On Kristallnacht’s 65th anniversary, Austrian students carry the names of Austrian Holocaust victims in front of the only Viennese synagogue left standing in 1938Kym Harris is neither astronomer nor astronaut, but her eyes are firmly fixed on the stars.

Harris is the New York-based project director of “A Letter to the Stars,” an educational project uniting 50,000 Austrian students with Austrian-born Holocaust survivors throughout the world.

Since its inception in 2003, the program has created intensely personal relationships between people separated by time, age, religion and bitter history.

The idea first surfaced when Austrian journalists Andreas Kuba and Josef Neumayr collected the names of 80,000 Austrians –– 65,000 of whom were Jewish –– who were murdered in the Holocaust.

After publishing an article, the journalists decided to enlist the help of middle and high school students in Austria to research the victims’ biographical information.

“Sometimes all they had was the date of birth, date of death and the last known address,” Harris says.

The journalists established a website where students could volunteer as researchers –– and the response was overwhelming.

“Thousands upon thousands of students stormed the archives,” says Harris.

Kuba and Neumayr called the project “A Letter to the Stars” in honor of Gypsy painter Karl Stojka, who, as a boy in Auschwitz, saw Jews being marched to the crematorium. At night, Stojka dreamed of seeing them “dead, in the night, as yellow stars in heaven.”

Soon students amassed more than research. They exchanged e-mails, photos and letters with the victims’ family members –– often Holocaust survivors themselves.

For the past five years, survivors have traveled to Austria to meet their young “pen pals,” teach the Holocaust in the schools and receive overdue honors from their native land.

The majority had not set foot in Austria since the Holocaust.

Students also went to New York, London and Israel to visit survivors on their own turf.

At the conclusion of these gatherings, students and survivors share tears of authentic affection, and hope.

Harris, who moved to Vienna in 2002 and soon joined “A Letter to the Stars” as a facilitator and translator, has witnessed the program’s ability to transform youthful hearts.

“While it all began with the students –– they were brave enough to break the taboos, break the silence, and go forth so naively and honestly into the program –– the effects have spread throughout society,” she says.

“The students are not trying to reclaim the glory of an individual survivor.

“They are reclaiming an open inquiry into their own past.”

Harris, the daughter of Denverites Howard and Michele Harris and granddaughter of Jerry and Leona Harris, is passionate about Holocaust education.

Her current project, “Ambassadors of Remembrance,” is based on “A Letter to the Stars.”

“Ambassadors of Remembrance” would expand the successful pairing of students and Holocaust survivors to such countries as Poland, Holland and Ukraine.

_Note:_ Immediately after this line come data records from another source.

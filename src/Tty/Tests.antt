-- ===== src/Tty/Tests.antt =====
-- Runs on a terminal whose cursor stands at the end of the last line, and of printed numbers.
use kernel_legacy.Tty.{
  Tty, at, wrap_x, wrap_y, wrap_cursor, ft_putchar, ft_putstr, put_printable, put_tab,
  tty_framebuffer_write, tty_framebuffer_scroll_down, write_entry,
}
use kernel_legacy.Tty.Screen.{OnScreen, Puts, ft_putstr-Puts}
use kernel_legacy.Tty.Shown.{up, down, scroll_all, history_disable-scroll_all}
use kernel_legacy.Tty.Numbers.{ft_putnbr_from, ft_putnbr}
use kernel_legacy.Tty.{tty_history_enable, tty_history_disable}
use kernel_legacy.Prelude.{◌≡◌, refl, true, false, [], ◌∷◌, arith}

abbrev corner : Tty
corner = record {
  framebuffer = λ k. record { character = 0; mode = 31 };
  cursor = record { x = 79; y = 24 };
  top_line_index = 250;
  mode = 31;
  history = record { status = false; stop_scroll = true; top_line_save = 0 };
}

corner-OnScreen : OnScreen corner
corner-OnScreen = record {
  column = omega arith;
  line = omega arith;
  top = omega arith;
  saved = omega arith;
}

-- the screen scrolls by one line
newline_run : (ft_putchar corner 65).top_line_index ≡ 251
unfolding ft_putchar put_printable tty_framebuffer_write write_entry wrap_cursor wrap_x wrap_y
    tty_framebuffer_scroll_down
newline_run = refl

tab_run : (ft_putchar (at corner 1 3) 9).cursor.x ≡ 4
unfolding ft_putchar put_tab put_printable tty_framebuffer_write write_entry wrap_cursor wrap_x
    wrap_y
tab_run = refl

-- -305
number_run : ft_putnbr 4294966991 ≡ 45 ∷ 51 ∷ 48 ∷ 53 ∷ []
unfolding ft_putnbr ft_putnbr_from
number_run = refl

-- the least number is put in two parts
least_run : ft_putnbr 2147483648 ≡ 45 ∷ 50 ∷ 49 ∷ 52 ∷ 55 ∷ 52 ∷ 56 ∷ 51 ∷ 54 ∷ 52 ∷ 56 ∷ []
unfolding ft_putnbr ft_putnbr_from
least_run = refl

ft_putstr-Puts_example : Puts corner (ft_putstr corner (75 ∷ 10 ∷ 9 ∷ []))
ft_putstr-Puts_example = ft_putstr-Puts corner (75 ∷ 10 ∷ 9 ∷ []) corner-OnScreen

history_disable-scroll_all_example :
    let after =
      tty_history_disable (scroll_all (up ∷ up ∷ down ∷ []) (tty_history_enable corner)) in
    (after.framebuffer ≡ corner.framebuffer)
    × (after.cursor ≡ corner.cursor)
    × (after.top_line_index ≡ corner.top_line_index)
    × (after.history.status ≡ false)
history_disable-scroll_all_example =
    history_disable-scroll_all (up ∷ up ∷ down ∷ []) corner (omega arith)
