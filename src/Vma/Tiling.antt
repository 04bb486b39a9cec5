-- ===== src/Vma/Tiling.antt =====
-- What the areas of an address space have in common: they tile a range, and no two neighbours are
-- free.
use kernel_legacy.Vma.{Area, page_size, is_free, area_at, put_at}
use kernel_legacy.Prelude.{
  ℕ, zero, suc, ◌+◌, ◌%◌, ◌≤◌, ◌<◌, ◌≡◌, sym, Bool, true, not, ◌&&◌, some, List, [], ◌∷◌, ◌++◌,
  arith,
}

-- The areas cover the addresses from `lo` below `hi`, in their order, in whole pages.
abbrev pub IsTiled : (lo hi : ℕ) → List Area → Type 0
IsTiled lo hi [] = lo ≡ hi
IsTiled lo hi (a ∷ rest) =
    (a.start_vaddr ≡ lo) × (0 < a.size) × (a.size % page_size ≡ 0) × IsTiled (lo + a.size) hi rest

-- whether no area is free whose neighbour is free
abbrev pub coalesced : List Area → Bool
coalesced [] = true
coalesced (a ∷ []) = true
coalesced (a ∷ b ∷ rest) = not (is_free a && is_free b) && coalesced (b ∷ rest)

-- the same without the pairs of the area at a position
abbrev pub coalesced_but : List Area → ℕ → Bool
coalesced_but [] i = true
coalesced_but (a ∷ rest) zero = coalesced rest
coalesced_but (p ∷ []) (suc i) = true
coalesced_but (p ∷ a ∷ rest) (suc zero) = coalesced rest
coalesced_but (p ∷ q ∷ rest) (suc (suc i)) =
    not (is_free p && is_free q) && coalesced_but (q ∷ rest) (suc i)

pub IsTiled-le : (lo hi : ℕ) (l : List Area) → IsTiled lo hi l → lo ≤ hi
IsTiled-le lo hi [] h = omega arith
IsTiled-le lo hi (a ∷ rest) (start, some_bytes, whole, tiled) =
    let more = IsTiled-le (lo + a.size) hi rest tiled in omega arith

pub IsTiled-append :
    (lo mid hi : ℕ) (l r : List Area) → IsTiled lo mid l → IsTiled mid hi r → IsTiled lo hi (l ++ r)
IsTiled-append lo mid hi [] r h k = rw h k
IsTiled-append lo mid hi (a ∷ l) r (start, some_bytes, whole, tiled) k =
    (start, some_bytes, whole, IsTiled-append (lo + a.size) mid hi l r tiled k)

-- an area lies in the range, in whole pages
pub area_at-IsTiled :
    (lo hi : ℕ) (l : List Area) (i : ℕ) (a : Area)
    → IsTiled lo hi l
    → area_at l i ≡ some a
    → (lo ≤ a.start_vaddr) × (a.start_vaddr + a.size ≤ hi) × (0 < a.size) × (a.size % page_size ≡ 0)
area_at-IsTiled lo hi [] i a h e = cc
area_at-IsTiled lo hi (b ∷ rest) zero a (start, some_bytes, whole, tiled) e =
    let same : b ≡ a = cc in
    let more = IsTiled-le (lo + b.size) hi rest tiled in
    let in_b : (lo ≤ b.start_vaddr) × (b.start_vaddr + b.size ≤ hi) = (omega arith, omega arith) in
    rw (← same) (in_b.0, in_b.1, some_bytes, whole)
area_at-IsTiled lo hi (b ∷ rest) (suc i) a (start, some_bytes, whole, tiled) e =
    let (low, high, bytes, pages) = area_at-IsTiled (lo + b.size) hi rest i a tiled e in
    (omega arith, high, bytes, pages)

-- other areas that tile the place of one
pub put_at-IsTiled :
    (lo hi : ℕ) (l : List Area) (i : ℕ) (a : Area) (new : List Area)
    → IsTiled lo hi l
    → area_at l i ≡ some a
    → IsTiled a.start_vaddr (a.start_vaddr + a.size) new
    → IsTiled lo hi (put_at l i new)
put_at-IsTiled lo hi [] i a new h e k = h
put_at-IsTiled lo hi (b ∷ rest) zero a new (start, some_bytes, whole, tiled) e k =
    let same : b ≡ a = cc in
    IsTiled-append lo (lo + b.size) hi new rest (rw (sym start) (rw same k)) tiled
put_at-IsTiled lo hi (b ∷ rest) (suc i) a new (start, some_bytes, whole, tiled) e k =
    (start, some_bytes, whole, put_at-IsTiled (lo + b.size) hi rest i a new tiled e k)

Dr. Elazar Barkan, co-director of the Institute for Historical Justice and Reconciliation and a professor at Columbia University, has agreed to oversee the initiative once funding is secured.

“Ambassadors of Remembrance” is based on the premise that personal relationships between students and survivors result in a form of reconciliation that eludes conventional educational models.

That’s why “A Letter to the Stars” has proven so successful, Harris says.

“If the idea is never to forget, but also to instill a sense of social justice, hope, and not just memory, then I know this works.”

Harris, who was active in Denver’ Stepping Stones to a Jewish Me, Shwayder Camp, Shai Camp, IST and taught music at Temple Emanuel, graduated from the University of Redlands in 2001.

One year later, she was in Vienna –– the glittering city that over the centuries has inspired music, art, architecture, literature, psychoanalysis –– and anti-Semitism.

For decades after WW II ended, Austria denied its complicity in the Holocaust.

In 1996, the government finally instituted Holocaust curriculum in the schools –– and admitted Austria shared “culpability” in the Shoah.

Unfortunately, no one really knew how to teach the Holocaust.

“People had been working on a grassroots level to include Holocaust education in the schools,” Harris says. “But from my personal experience as a teacher in Austria, it was very much up to the individual school and teacher.

“The Holocaust can be a half-hour lesson or an ongoing project –– which teachers involved in ‘A Letter to the Stars’ have encouraged.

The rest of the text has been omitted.